L’histoire se répète inlassablement, à l’instar de l’adultère du mari de Margot qui rappelle de manière vertigineuse le début sulfureux de leur couple, et donnant l’impression d’une temporalité circulaire (et irrémédiablement figée dans le cas du personnage de Teresa).

Alice Munro

Alice Munro

Plus qu’un lien entre les personnages, le passé est un puissant aimant qui influe sur les trajectoires. De ce fait, Anita et Margot n’ont rien oublié et le récit qu’elles font l’une à l’autre des trente dernières années est traversé par un désir secret de réparation, de retour à ce moment de grâce que fut leur adolescence, malgré les conditions de vie difficiles (les longs trajets dans le froid et la neige pour se rendre au lycée de la ville, l’angoisse d’être prises pour des « bouseuses », la violence du père de Margot etc.).

 « Better moments intervened (…) They could never be deeply unhappy, because they believed something remarkable was bound to happen to them. They could become heroines; love and power of some sort were surely waiting. »

Ainsi, c’est à la suite de la vision aussi fugace que fulgurante d’un homme lui rappelant son béguin d’adolescence qu’Anita, bouleversée, se sépare de son époux et entame enfin les études auxquelles elle se destinait des années plus tôt avant de troquer littéralement son rêve contre celui de son amie, celle-ci ayant eu alors « mieux » à faire. C’est la force d’attraction et de répulsion du passé qui pousse Margot à se déguiser (Wigtime!) pour aller surprendre son mari en compagnie d’une jeune fille et plus tard, à négocier son silence et son pardon contre le confort matériel et une grande maison.

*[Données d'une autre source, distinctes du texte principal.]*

-- ===== src/Packet/Validate/Parts.antt =====
-- The parts of a row that passes `ValidateRegistration`.
use chrono_desk.Text.Chars.{identifier_pattern}
use chrono_desk.Packet.Validate.{
  known_status, valid_optional_identifier, validate_optional_person, validate_registration,
}
use chrono_desk.Packet.Model.{Registration, ok, Change}
use chrono_desk.Prelude.{arith, false, is_some, true, ◌&&◌, ◌≡◌}

pub record IsValid (row : Registration) : Type 0 where
  pub id_ok : identifier_pattern row.id ≡ true
  pub event_ok : identifier_pattern row.event_id ≡ true
  pub race_ok : identifier_pattern row.race_id ≡ true
  pub target_ok : valid_optional_identifier row.transferred_to ≡ true
  pub status_ok : known_status row.status ≡ true
  pub no_person_in_reserve : (row.reserve && is_some row.person) ≡ false
  pub person_ok : validate_optional_person row.person ≡ ok tt

pub IsValid-validate_registration :
    (row : Registration) → validate_registration row ≡ ok tt → IsValid row
unfolding validate_registration
IsValid-validate_registration row h = ground arith

pub validate_registration-IsValid :
    (row : Registration) → IsValid row → validate_registration row ≡ ok tt
unfolding validate_registration
validate_registration-IsValid row v = ground arith

abbrev pub IsValidChange : Change → Type 0
IsValidChange c = IsValid c.before × IsValid c.after
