-- ===== src/Packet/Rows/Lookup.antt =====
-- Lemmas on the map of rows that `Apply` builds (internal/packetissuance/transitions.go).
use chrono_desk.Packet.Validate.{validate_registration}
use chrono_desk.Packet.Validate.Parts.{IsValid, IsValid-validate_registration}
use chrono_desk.Packet.Rows.{find_row, index_rows}
use chrono_desk.Packet.Model.{>>=-eq-ok, Registration, ok, fail_if, invalid_records}
use chrono_desk.Prelude.{
  All, Bool-cases, List, String, [], arith, inl, inr, some, subst, ◌∷◌, ◌≡◌, is_some,
}
use chrono_desk.Prelude.Classes.{string_eq, eq_iff, ◌==◌}

pub find_row-id :
    (id : String) (rows : List Registration) {row : Registration}
    → find_row id rows ≡ some row
    → row.id ≡ id
unfolding find_row
find_row-id id [] h = cc
find_row-id id (r ∷ rows) {row} h = ground (arith, eq_iff r.id id, find_row-id id rows {row = row})

pub find_row-All {ℓ} :
    (P : Registration → Type ℓ) (id : String) (rows : List Registration) {row : Registration}
    → All P rows
    → find_row id rows ≡ some row
    → P row
unfolding find_row
find_row-All P id [] v h = cc
find_row-All P id (r ∷ rows) {row} v h = elim (Bool-cases (r.id == id)) [
  | inl e ↦ let same : r ≡ row = ground arith in subst P same v.0
  | inr e ↦ find_row-All P id rows v.1 (ground arith)
]

pub index_rows-IsValid :
    (rows records : List Registration) {indexed : List Registration}
    → All IsValid rows
    → index_rows rows records ≡ ok indexed
    → All IsValid indexed
unfolding index_rows
index_rows-IsValid rows [] v h = subst (All IsValid) (cc) v
index_rows-IsValid rows (row ∷ rest) v h =
    let (_, e0, h0) = >>=-eq-ok (validate_registration row) _ h in
    let (_, e1, h1) = >>=-eq-ok (fail_if (is_some (find_row row.id rows)) invalid_records) _ h0 in
    index_rows-IsValid (row ∷ rows) rest (IsValid-validate_registration row e0, v) h1
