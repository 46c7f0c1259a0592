-- ===== src/Packet/Moves/Validity.antt =====
-- Lemmas on the rows that moves and returns leave (internal/packetissuance/transitions.go).
use chrono_desk.Packet.Rows.{find_row}
use chrono_desk.Packet.Moves.Outcome.{Moved-apply_move}
use chrono_desk.Packet.Moves.{vacate, apply_move}
use chrono_desk.Packet.Validate.Parts.{IsValid, IsValidChange}
use chrono_desk.Packet.Validate.{known_status, valid_optional_identifier, validate_optional_person}
use chrono_desk.Prelude.{arith, ◌≡◌, All, Bool, List, false, some}
use chrono_desk.Packet.Model.{
  registration_eq, Command, CommandType, Registration, assign_reserve, move_to_reserve, ok, Change,
}

vacate-IsValid :
    (type : CommandType) (source target : Registration) (command : Command) {after : Registration}
    → IsValid source
    → IsValid target
    → vacate type source target command ≡ ok after
    → IsValid after
unfolding vacate validate_optional_person valid_optional_identifier known_status
vacate-IsValid move_to_reserve source target command v w h = ground arith
vacate-IsValid assign_reserve source target command v w h = ground arith
vacate-IsValid _ source target command v w h = ground arith

received-IsValid :
    (source target : Registration) (issued : Bool)
    → IsValid source
    → IsValid target
    → IsValid (record target { person = source.person; reserve = false; issued = issued })
received-IsValid source target issued v w = ground arith

pub apply_move-IsValid :
    (rows : List Registration) (source : Registration) (command : Command) {changes : List Change}
    → IsValid source
    → ((target : Registration) → find_row command.target_id rows ≡ some target → IsValid target)
    → apply_move rows source command ≡ ok changes
    → All IsValidChange changes
apply_move-IsValid rows source command v known h =
    let m = Moved-apply_move rows source command h in
    let w = known m.target m.found in
    rw (m.result) (
      (v, vacate-IsValid command.type source m.target command v w m.left),
      ((w, received-IsValid source m.target m.issued v w), tt),
    )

Andrew Wyeth, Christina’s world (1948)

Plus troublant encore est l’aveu que Margot fait de ses visites régulières à Teresa, la première femme de son mari, à l’asile psychiatrique. Personnage du passé que l’on croyait définitivement disparu, Teresa réapparaît à la fin de la nouvelle, presque exactement la même, bavarde et coquette à l’excès. Ressassant indéfiniment l’histoire de son arrivée au Canada sur le bateau des mariées de guerre, Teresa, déçue, mal aimée, trompée a finalement choisi de ne plus descendre. Figée dans une croisière sans fin, elle est inaltérée, comme au premier jour. Margot vient la voir autant par culpabilité mais que mue par un sentiment plus obscur, entre la dépendance affective à ce passé que Teresa, poupée désincarnée et amnésique, symbolise à merveille et la nécessité indispensable de ne pas oublier. De garder présent à l’esprit comment les choses ont commencé et comment elles peuvent encore, sait-on jamais, mal tourner.

 « We’re all on the boat » says Margot. « She (Teresa) thinks we’re on the boat. But she’s the one Reuel is going to meet in Halifax, lucky her ».